Kathleen Alcalá's most recent book is a republication of Spirits of the Ordinary: A Tale of Casas Grandes by Raven Chronicles Press (see book giveaway!) The Deepest Roots: Finding Food and Community on a Pacific Northwest Island, is now in paper from University of Washington Press. Combining memoir, historical records, and a blueprint for sustainability, Alcalá explores our relationship with food at the local level, delving into our common pasts and cultures to prepare for the future.

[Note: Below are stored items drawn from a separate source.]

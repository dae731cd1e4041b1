-- ===== src/Snapshot/Apart.antt =====
-- app/domain/account_snapshot/service.py: the snapshots of a month that is not the one being made.
use household_back.Base.{
  All, select, any, ◌==◌, ==_iff, Bool-cases, ℕ, String, ◌≡◌, refl, ap, ◌∙◌, inl, inr, Bool, true,
  false, not, ◌&&◌, ◌||◌, List, [], ◌∷◌, ◌++◌, map, arith,
}
use household_back.Core.{Date, date_eqb}
use household_back.Model.{Account, AccountSnapshot, Db}
use household_back.Paging.{Distinct, All-map}
use household_back.Snapshot.Histories.{Fresh, belongs, delete_snapshots}
use household_back.Snapshot.Service.{stored_row, delete_if, save_all, snapshot_row}

-- the snapshots of a household for a month
abbrev pub is_row_of : ℕ → Date → List Account → AccountSnapshot → Bool
is_row_of household_id month accounts s =
    date_eqb s.snapshot_date month && belongs household_id s.account_id accounts

abbrev pub rows_of : ℕ → Date → Db → List AccountSnapshot
rows_of household_id month db =
    select (is_row_of household_id month db.accounts) db.account_snapshots

-- An account belongs to one household.
missed_accounts :
    (household_id account_id : ℕ) (accounts : List Account)
    → All (λ (a : Account). (account_id == a.id) ≡ false) accounts
    → belongs household_id account_id accounts ≡ false
missed_accounts household_id account_id [] h = refl
missed_accounts household_id account_id (a ∷ accounts) h =
    rw (h.0) (missed_accounts household_id account_id accounts h.1)

same_apart : (a b c : ℕ) → (a == b) ≡ true → (b == c) ≡ false → (a == c) ≡ false
same_apart a b c h k = ground arith

owner_apart :
    (owner here there : ℕ)
    → ((true && owner == here) || false) ≡ true
    → (here == there) ≡ false
    → ((true && owner == there) || false) ≡ false
owner_apart owner here there h k = ground arith

one_household :
    (here there account_id : ℕ) (accounts : List Account)
    → (here == there) ≡ false
    → Distinct (λ (a : Account). a.id) accounts
    → belongs here account_id accounts ≡ true
    → belongs there account_id accounts ≡ false
one_household here there account_id [] apart d h = cc
one_household here there account_id (a ∷ accounts) apart d h =
    elim (Bool-cases (account_id == a.id)) [
      | inl e ↦
          let only : (household_id : ℕ) → belongs household_id account_id accounts ≡ false =
            λ household_id.
              missed_accounts household_id account_id accounts (
                All-map _ _ (λ b differs. same_apart account_id a.id b.id e differs) accounts
                  d.0) in
          rw (e, only there) (owner_apart a.household_id here there (rw (e, only here) at h) apart)
      | inr e ↦ rw e (one_household here there account_id accounts apart d.1 (rw e at h))
    ]

select-++ :
    {A : Type 0} (p : A → Bool) (xs ys : List A)
    → All (λ y. p y ≡ false) ys
    → select p (xs ++ ys) ≡ select p xs
select-++ p [] [] h = refl
select-++ p [] (y ∷ ys) h = rw h.0 (select-++ p [] ys h.1)
select-++ p (x ∷ xs) ys h = elim (Bool-cases (p x)) [
  | inl e ↦ rw e (ap (λ l. x ∷ l) (select-++ p xs ys h))
  | inr e ↦ rw e (select-++ p xs ys h)
]

select-select :
    {A : Type 0} (p q : A → Bool) (xs : List A)
    → ((x : A) → p x ≡ true → q x ≡ true)
    → select p (select q xs) ≡ select p xs
select-select p q [] h = refl
select-select p q (x ∷ xs) h = elim (Bool-cases (q x)) [
  | inl e ↦ elim (Bool-cases (p x)) [
    | inl f ↦ rw (e, f) (ap (λ l. x ∷ l) (select-select p q xs h))
    | inr f ↦ rw (e, f) (select-select p q xs h)
  ]
  | inr e ↦ elim (Bool-cases (p x)) [
    | inl f ↦ cc (h x f)
    | inr f ↦ rw (e, f) (select-select p q xs h)
  ]
]

pub any-select :
    {A : Type 0} (p q r : A → Bool) (xs : List A)
    → any (λ x. p x && (q x && r x)) xs ≡ any q (select (λ x. p x && r x) xs)
any-select p q r [] = refl
any-select p q r (x ∷ xs) = ground (arith, any-select p q r xs)

dates_apart : (a b c : Date) → date_eqb a b ≡ true → date_eqb c b ≡ false → date_eqb a c ≡ false
dates_apart a b c h k = ground arith

pub date_eqb-eq : (a b : Date) → date_eqb a b ≡ true → a ≡ b
date_eqb-eq a b h =
    let y : a.year ≡ b.year = (==_iff a.year b.year).0 (parts h).0 in
    let m : a.month ≡ b.month = (==_iff a.month b.month).0 (parts h).1.0 in
    let d : a.day ≡ b.day = (==_iff a.day b.day).0 (parts h).1.1 in
    λ i. record { year = y i; month = m i; day = d i }
  where
    split : (x y z : Bool) → (x && (y && z)) ≡ true → (x ≡ true) × ((y ≡ true) × (z ≡ true))
    split true true true h = (refl, (refl, refl))
    split true true false h = cc
    split true false z h = cc
    split false y z h = cc

    parts :
        date_eqb a b ≡ true
        → ((a.year == b.year) ≡ true) × (((a.month == b.month) ≡ true) × ((a.day == b.day) ≡ true))
    parts = split (a.year == b.year) (a.month == b.month) (a.day == b.day)

-- A row of another household or of another month.
other_row :
    (here there account_id : ℕ) (made month : Date) (accounts : List Account)
    → Distinct (λ (a : Account). a.id) accounts
    → (here == there && date_eqb made month) ≡ false
    → belongs here account_id accounts ≡ true
    → (date_eqb made month && belongs there account_id accounts) ≡ false
other_row here there account_id made month accounts d apart h = elim (Bool-cases (here == there)) [
  | inl e ↦ rw (rw e at apart) refl
  | inr e ↦ rw (one_household here there account_id accounts e d h) (and_false _)
]
  where
    and_false : (b : Bool) → (b && false) ≡ false
    and_false b = ground arith

both_dates : (x y b : Bool) → (x && b) ≡ true → (y && b) ≡ false → (x ≡ true) × (y ≡ false)
both_dates true true true h k = cc
both_dates true false true h k = (refl, refl)
both_dates true y false h k = cc
both_dates false y b h k = cc

-- One DELETE and INSERT leave the rows of other households and other months.
abbrev pub IsKept : ℕ → Date → Db → Db → Type 0
IsKept household_id month db db' =
    (db'.accounts ≡ db.accounts) × (rows_of household_id month db' ≡ rows_of household_id month db)

pub IsKept-trans :
    (household_id : ℕ) (month : Date) (a b c : Db)
    → IsKept household_id month a b
    → IsKept household_id month b c
    → IsKept household_id month a c
IsKept-trans household_id month a b c h k = (k.0 ∙ h.0, k.1 ∙ h.1)

module _ (household_id : ℕ) (month : Date) (maker : ℕ) (made : Date) (db : Db)
    (d : Distinct (λ (a : Account). a.id) db.accounts)
    (apart : (maker == household_id && date_eqb made month) ≡ false) where
  pub delete_if-IsKept :
      (replace : Bool) → IsKept household_id month db (delete_if replace maker made db)
  unfolding delete_snapshots
  delete_if-IsKept true = (refl, select-select _ _ db.account_snapshots stays)
    where
      stays :
          (s : AccountSnapshot)
          → is_row_of household_id month db.accounts s ≡ true
          → not (belongs maker s.account_id db.accounts && date_eqb s.snapshot_date made) ≡ true
      stays s h = elim (Bool-cases (belongs maker s.account_id db.accounts)) [
        | inl e ↦
            let p =
              both_dates (date_eqb s.snapshot_date month) (date_eqb made month) _ h
                (other_row maker household_id s.account_id made month db.accounts d apart e) in
            rw (dates_apart s.snapshot_date month made p.0 p.1, e) refl
        | inr e ↦ rw e refl
      ]
  delete_if-IsKept false = (refl, refl)

  pub save_all-IsKept :
      (le : String → String → Bool) (fresh : Fresh) (from : Db) (accounts : List Account)
      → All (λ (a : Account). belongs maker a.id db.accounts ≡ true) accounts
      → IsKept household_id month db (save_all fresh (map (snapshot_row le made from) accounts) db)
  unfolding snapshot_row
  save_all-IsKept le fresh from accounts h =
      (refl, select-++ _ db.account_snapshots _ (new_rows accounts h))
    where
      new_rows :
          (accounts : List Account)
          → All (λ (a : Account). belongs maker a.id db.accounts ≡ true) accounts
          → All
              (λ s. is_row_of household_id month db.accounts s ≡ false)
              (map (stored_row fresh) (map (snapshot_row le made from) accounts))
      new_rows [] h = tt
      new_rows (a ∷ accounts) h = (
        other_row maker household_id a.id made month db.accounts d apart h.0,
        new_rows accounts h.1,
      )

With degrees from Stanford, the University of Washington, and the University of New Orleans, Kathleen is also a graduate and one-time instructor of the Clarion West Science Fiction and Fantasy Workshop. Kathleen Alcalá has received a Western States Book Award, the Governors Writers Award and two Artist Trust Fellowships. She is a recent Whitely Fellow, a previous Hugo House Writer in Residence, and teaches at Hugo House and the Bainbridge Artisan Resource Network. Her sixth book, The Deepest Roots: Finding Food and Community on a Pacific Northwest Island, explores our relationship with geography, food, history, and ethnicity.
“Not one tale is like another, yet all together they form a beautiful whole, a world where one would like to stay forever.” Ursula K. Le Guin on Mrs. Vargas and the Dead Naturalist.

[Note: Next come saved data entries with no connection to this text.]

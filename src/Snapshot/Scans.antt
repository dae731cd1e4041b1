-- ===== src/Snapshot/Scans.antt =====
-- Counts and tests over tables, for the proofs on snapshots.
use household_back.Base.{
  All, select, any, count, Bool-cases, ◌+◌, ◌≤◌, ◌≡◌, refl, inl, inr, Bool, true, false, ◌||◌, List,
  [], ◌∷◌, ◌++◌, arith,
}
use household_back.Core.{Date, date_eqb}
use household_back.Paging.{All-map}

module _ {A : Type 0} (p : A → Bool) where
  pub count-++ : (xs ys : List A) → count p (xs ++ ys) ≡ count p xs + count p ys
  count-++ [] ys = omega arith
  count-++ (x ∷ xs) ys = elim (Bool-cases (p x)) [
    | inl e ↦ rw e (omega (arith, count-++ xs ys))
    | inr e ↦ rw e (count-++ xs ys)
  ]

  pub count-select_le : (q : A → Bool) (xs : List A) → count p (select q xs) ≤ count p xs
  count-select_le q [] = omega arith
  count-select_le q (x ∷ xs) = ground (arith, count-select_le q xs)

  -- a DELETE of every row that passes
  pub count-select_none :
      (q : A → Bool) (xs : List A)
      → ((x : A) → p x ≡ true → q x ≡ false)
      → count p (select q xs) ≡ 0
  count-select_none q [] off = refl
  count-select_none q (x ∷ xs) off = elim (Bool-cases (q x)) [
    | inl e ↦ elim (Bool-cases (p x)) [
      | inl f ↦ cc (off x f)
      | inr f ↦ rw (e, f) (count-select_none q xs off)
    ]
    | inr e ↦ rw e (count-select_none q xs off)
  ]

  pub count-any :
      (q : A → Bool) (xs : List A)
      → ((x : A) → p x ≡ true → q x ≡ true)
      → any q xs ≡ false
      → count p xs ≡ 0
  count-any q [] on h = refl
  count-any q (x ∷ xs) on h = elim (Bool-cases (q x)) [
    | inl e ↦ cc (rw e at h)
    | inr e ↦ elim (Bool-cases (p x)) [
      | inl f ↦ cc (on x f)
      | inr f ↦ rw f (count-any q xs on (rw e at h))
    ]
  ]

pub or_later : (b c : Bool) → c ≡ true → (b || c) ≡ true
or_later b c h = ground arith

module _ {A : Type 0} where
  -- what a test implies holds of every row that a SELECT returns
  pub select-All :
      (P : A → Type 0) (q : A → Bool) (xs : List A)
      → All (λ x. q x ≡ true → P x) xs
      → All P (select q xs)
  select-All P q [] h = tt
  select-All P q (x ∷ xs) h = elim (Bool-cases (q x)) [
    | inl e ↦ rw e (h.0 e, select-All P q xs h.1)
    | inr e ↦ rw e (select-All P q xs h.1)
  ]

  -- every row is there to be found by its own test
  pub any_own :
      (g : A → A → Bool) (P : A → Type 0)
      → ((x : A) → P x → g x x ≡ true)
      → (xs : List A) → All (λ x. P x → any (g x) xs ≡ true) xs
  any_own g P self [] = tt
  any_own g P self (x ∷ xs) = (
    (λ px. rw (self x px) refl),
    All-map _ _ (λ y later py. or_later (g y x) (any (g y) xs) (later py)) xs (any_own g P self xs),
  )

pub date_eqb_trans :
    (a b c : Date) → date_eqb a b ≡ true → date_eqb c b ≡ true → date_eqb c a ≡ true
date_eqb_trans a b c h k = ground arith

“Alcalá’s life work has been an ongoing act of translation… She has been building prismatic bridges not just between the Mexican and American cultures, but also across divides of gender, generation, religion, and ethnicity.” —Seattle Times
Very, very good. I enjoyed the movement from generation to generation and the descriptive language. I love the magical realism genre and this book does not disappoint. The last portion of the book, Shelly, was especially good and brought the reader into modern times and was simultaneously frightening, beautiful and poignant.

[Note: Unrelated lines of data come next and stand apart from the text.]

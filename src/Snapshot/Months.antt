-- ===== src/Snapshot/Months.antt =====
-- app/domain/account_snapshot/service.py: the snapshots of one month before and after it is made.
use mathlib.Core.Path.{subst}
use household_back.Base.{
  All, count, ◌==◌, ==_iff, Bool-cases, ℕ, ◌+◌, ◌≤◌, String, ◌≡◌, refl, sym, ◌⊎◌, inl, inr, Bool,
  true, false, ◌&&◌, List, [], ◌∷◌, map, arith,
}
use household_back.Core.{Date, date_eqb}
use household_back.Model.{Account, AccountSnapshot, is_active, Db}
use household_back.Paging.{
  Distinct, All-select, All-map, All-order_by, Distinct-select, Distinct-order_by,
}
use household_back.Snapshot.Histories.{
  Fresh, active_in, find_active_accounts, belongs, is_of_month, has_active_for_month,
  delete_snapshots,
}
use household_back.Snapshot.Service.{stored_row, open_accounts, delete_if, save_all, snapshot_row}
use household_back.Snapshot.Scans.{
  count-++, count-select_le, count-select_none, count-any, select-All, any_own, date_eqb_trans,
}

-- an active snapshot of the account for the month
abbrev pub active_at : ℕ → Date → AccountSnapshot → Bool
active_at account_id month s =
    s.account_id == account_id && (date_eqb s.snapshot_date month && is_active s.data_stat_cd)

-- Accounts have primary keys, and no account has two active snapshots for one month.
abbrev pub IsSingle : Db → Type 0
IsSingle db =
    Distinct (λ (a : Account). a.id) db.accounts
    × ((account_id : ℕ) (month : Date)
        → count (active_at account_id month) db.account_snapshots ≤ 1)

belongs_own :
    (household_id : ℕ) (accounts : List Account)
    → All
        (λ (a : Account).
          active_in household_id a ≡ true → belongs household_id a.id accounts ≡ true)
        accounts
belongs_own household_id accounts =
    any_own (λ a b. a.id == b.id && b.household_id == household_id)
      (λ a. active_in household_id a ≡ true) own accounts
  where
    own :
        (a : Account)
        → active_in household_id a ≡ true
        → (a.id == a.id && a.household_id == household_id) ≡ true
    own a h = ground arith

pub open_accounts-belongs :
    (household_id : ℕ) (db : Db)
    → All
        (λ (a : Account). belongs household_id a.id db.accounts ≡ true)
        (open_accounts household_id db)
unfolding find_active_accounts
open_accounts-belongs household_id db =
    All-select _ _ _
      (All-order_by _ _ _ (select-All _ _ db.accounts (belongs_own household_id db.accounts)))

open_accounts-Distinct :
    (household_id : ℕ) (db : Db)
    → Distinct (λ (a : Account). a.id) db.accounts
    → Distinct (λ (a : Account). a.id) (open_accounts household_id db)
unfolding find_active_accounts
open_accounts-Distinct household_id db h =
    Distinct-select _ _ _ (Distinct-order_by _ _ _ (Distinct-select _ _ _ h))

same_apart : (a b c : ℕ) → (a == b) ≡ true → (a == c) ≡ false → (b == c) ≡ false
same_apart a b c h k = ground arith

both_true : (x y : Bool) → (x && (y && true)) ≡ true → (x ≡ true) × (y ≡ true)
both_true true true h = (refl, refl)
both_true true false h = cc
both_true false y h = cc

-- What one month adds.
module _ (le : String → String → Bool) (fresh : Fresh) (made : Date) (db : Db) (account_id : ℕ)
    (month : Date) where
  abbrev new_rows : List Account → List AccountSnapshot
  new_rows accounts = map (stored_row fresh) (map (snapshot_row le made db) accounts)

  abbrev new_count : List Account → ℕ
  new_count accounts = count (active_at account_id month) (new_rows accounts)

  abbrev new_hit : Account → Bool
  new_hit a = active_at account_id month (stored_row fresh (snapshot_row le made db a))

  new_count_none :
      (accounts : List Account)
      → All (λ (a : Account). (account_id == a.id) ≡ false) accounts
      → new_count accounts ≡ 0
  unfolding snapshot_row
  new_count_none [] h = refl
  new_count_none (a ∷ accounts) h = ground (arith, h.0, new_count_none accounts h.1)

  new_count_le :
      (accounts : List Account) → Distinct (λ (a : Account). a.id) accounts → new_count accounts ≤ 1
  unfolding snapshot_row
  new_count_le [] h = omega arith
  new_count_le (a ∷ accounts) h = elim (Bool-cases (new_hit a)) [
    | inl e ↦ rw e (
        omega (
          arith,
          new_count_none accounts (
              All-map _ _ (λ b differs. same_apart a.id account_id b.id (both_true _ _ e).0 differs)
                accounts h.0),
        ))
    | inr e ↦ rw e (new_count_le accounts h.1)
  ]

  new_count_cases :
      (household_id : ℕ) (accounts : List Account)
      → All (λ (a : Account). belongs household_id a.id db.accounts ≡ true) accounts
      → (new_count accounts ≡ 0)
        ⊎ ((date_eqb made month ≡ true) × (belongs household_id account_id db.accounts ≡ true))
  unfolding snapshot_row
  new_count_cases household_id [] h = inl refl
  new_count_cases household_id (a ∷ accounts) h = elim (Bool-cases (new_hit a)) [
    | inl e ↦ inr (
      (both_true _ _ e).1,
      subst (λ k. belongs household_id k db.accounts ≡ true)
          ((==_iff a.id account_id).0 (both_true _ _ e).0) h.0,
    )
    | inr e ↦ rw e (new_count_cases household_id accounts h.1)
  ]

-- A hit at the month that is made is a row that the test and the DELETE of that month see.
seen :
    (household_id account_id : ℕ) (made month : Date) (accounts : List Account)
    (s : AccountSnapshot)
    → date_eqb made month ≡ true
    → belongs household_id account_id accounts ≡ true
    → active_at account_id month s ≡ true
    → (date_eqb s.snapshot_date made ≡ true)
      × ((is_active s.data_stat_cd ≡ true) × (belongs household_id s.account_id accounts ≡ true))
seen household_id account_id made month accounts s same here hit =
    let p = parts _ _ _ hit in
    (
      date_eqb_trans made month s.snapshot_date same p.1.0,
      (
        p.1.1,
        subst (λ k. belongs household_id k accounts ≡ true)
            (sym ((==_iff s.account_id account_id).0 p.0)) here,
      ),
    )
  where
    parts : (x y z : Bool) → (x && (y && z)) ≡ true → (x ≡ true) × ((y ≡ true) × (z ≡ true))
    parts true true true h = (refl, (refl, refl))
    parts true true false h = cc
    parts true false z h = cc
    parts false y z h = cc

-- What is left of the month before the new rows are added.
module _ (household_id : ℕ) (made : Date) (db : Db) (account_id : ℕ) (month : Date) where
  abbrev left_count : Bool → ℕ
  left_count replace =
      count (active_at account_id month) (delete_if replace household_id made db).account_snapshots

  pub left_count_le :
      (replace : Bool)
      → left_count replace ≤ count (active_at account_id month) db.account_snapshots
  unfolding delete_snapshots
  left_count_le true = count-select_le (active_at account_id month) _ db.account_snapshots
  left_count_le false = omega arith

  left_count_none :
      (replace : Bool)
      → has_active_for_month household_id made db ≡ replace
      → date_eqb made month ≡ true
      → belongs household_id account_id db.accounts ≡ true
      → left_count replace ≡ 0
  unfolding delete_snapshots has_active_for_month
  left_count_none true e same here =
      count-select_none (active_at account_id month) _ db.account_snapshots (λ s hit.
        let p = seen household_id account_id made month db.accounts s same here hit in
        rw (p.0, p.1.1) refl)
  left_count_none false e same here =
      count-any (active_at account_id month) (is_of_month household_id made db.accounts)
        db.account_snapshots
        (λ s hit.
          let p = seen household_id account_id made month db.accounts s same here hit in
          rw (p.0, p.1.0, p.1.1) refl)
        e

pub delete_if-accounts :
    (replace : Bool) (household_id : ℕ) (month : Date) (db : Db)
    → (delete_if replace household_id month db).accounts ≡ db.accounts
unfolding delete_snapshots
delete_if-accounts true household_id month db = refl
delete_if-accounts false household_id month db = refl

one_left :
    (old left added : ℕ)
    → left ≤ old
    → old ≤ 1
    → added ≤ 1
    → (added ≡ 0) ⊎ (left ≡ 0)
    → left + added ≤ 1
one_left old left added h k l (inl e) = omega arith
one_left old left added h k l (inr e) = omega arith

-- The month with its new rows.
pub save_all-IsSingle :
    (le : String → String → Bool) (fresh : Fresh) (household_id : ℕ) (made : Date) (db : Db)
    → IsSingle db
    → IsSingle (
        let base = delete_if (has_active_for_month household_id made db) household_id made db in
        save_all fresh (map (snapshot_row le made base) (open_accounts household_id base)) base)
save_all-IsSingle le fresh household_id made db h = (
  subst (λ accounts. Distinct (λ (a : Account). a.id) accounts) (sym kept) h.0,
  λ account_id month.
      let base = delete_if (has_active_for_month household_id made db) household_id made db in
      let opens = open_accounts household_id base in
      let exists = has_active_for_month household_id made db in
      rw
        (count-++ (active_at account_id month) base.account_snapshots
          (map (stored_row fresh) (map (snapshot_row le made base) opens)))
        (one_left (count (active_at account_id month) db.account_snapshots)
          (left_count household_id made db account_id month exists)
          (new_count le fresh made base account_id month opens)
          (left_count_le household_id made db account_id month exists) (h.1 account_id month)
          (new_count_le le fresh made base account_id month opens (
            open_accounts-Distinct household_id base
              (subst (λ accounts. Distinct (λ (a : Account). a.id) accounts) (sym kept) h.0)))
          (elim (new_count_cases le fresh made base account_id month household_id opens
            (open_accounts-belongs household_id base)) [
              | inl e ↦ inl e
              | inr (same, here) ↦ inr (
                  left_count_none household_id made db account_id month exists refl same
                    (subst (λ accounts. belongs household_id account_id accounts ≡ true) kept here))
            ])),
)
  where
    kept :
        (delete_if (has_active_for_month household_id made db) household_id made db).accounts
        ≡ db.accounts
    kept = delete_if-accounts (has_active_for_month household_id made db) household_id made db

This book made me feel a little strange. It tries to make some kind of connection between the 3 main characters but it is difficult to completely feel that connection. And all 3 characters seem to feel so hopeless from disdain and discrimination. However, I feel it is all too exaggerated...I don't really know how to feel about it.
I loved the multigenerational aspects of this story but wish it dug deeper into the lives of the characters rather than only giving short anecdotes about their lives. I loved hearing about the indigenous people pushed out of Mexico and their experiences in the southern US where I am now living.
Alcala es una escritora evocativa; sus descripciones tienen mucha vida y calidez suave, y leer el libro es una manera interesante de aprender una parte de la historia del suroeste Norteamericano y el norte de Mexico. Pero la narracion brinca bastante, a lo mejor a veces a proposito y como una clase de realismo magico, pero parece a veces por falta de revision o redaccion. Puede ser que espanol no es mi lengua nativa, pero encontre la narracion disconnectada.
I loved the multigenerational aspect of this story, as well as the focus on women and what it means to be female in a male-dominated world. But I did not like that so many interesting topics were given only superficial coverage. There was so much more I wanted to know about the characters' lives, or about the traditions of women, or how it felt to have family and tradition ripped away by horrible circumstance. This book could have been a trilogy, with much more depth and detail.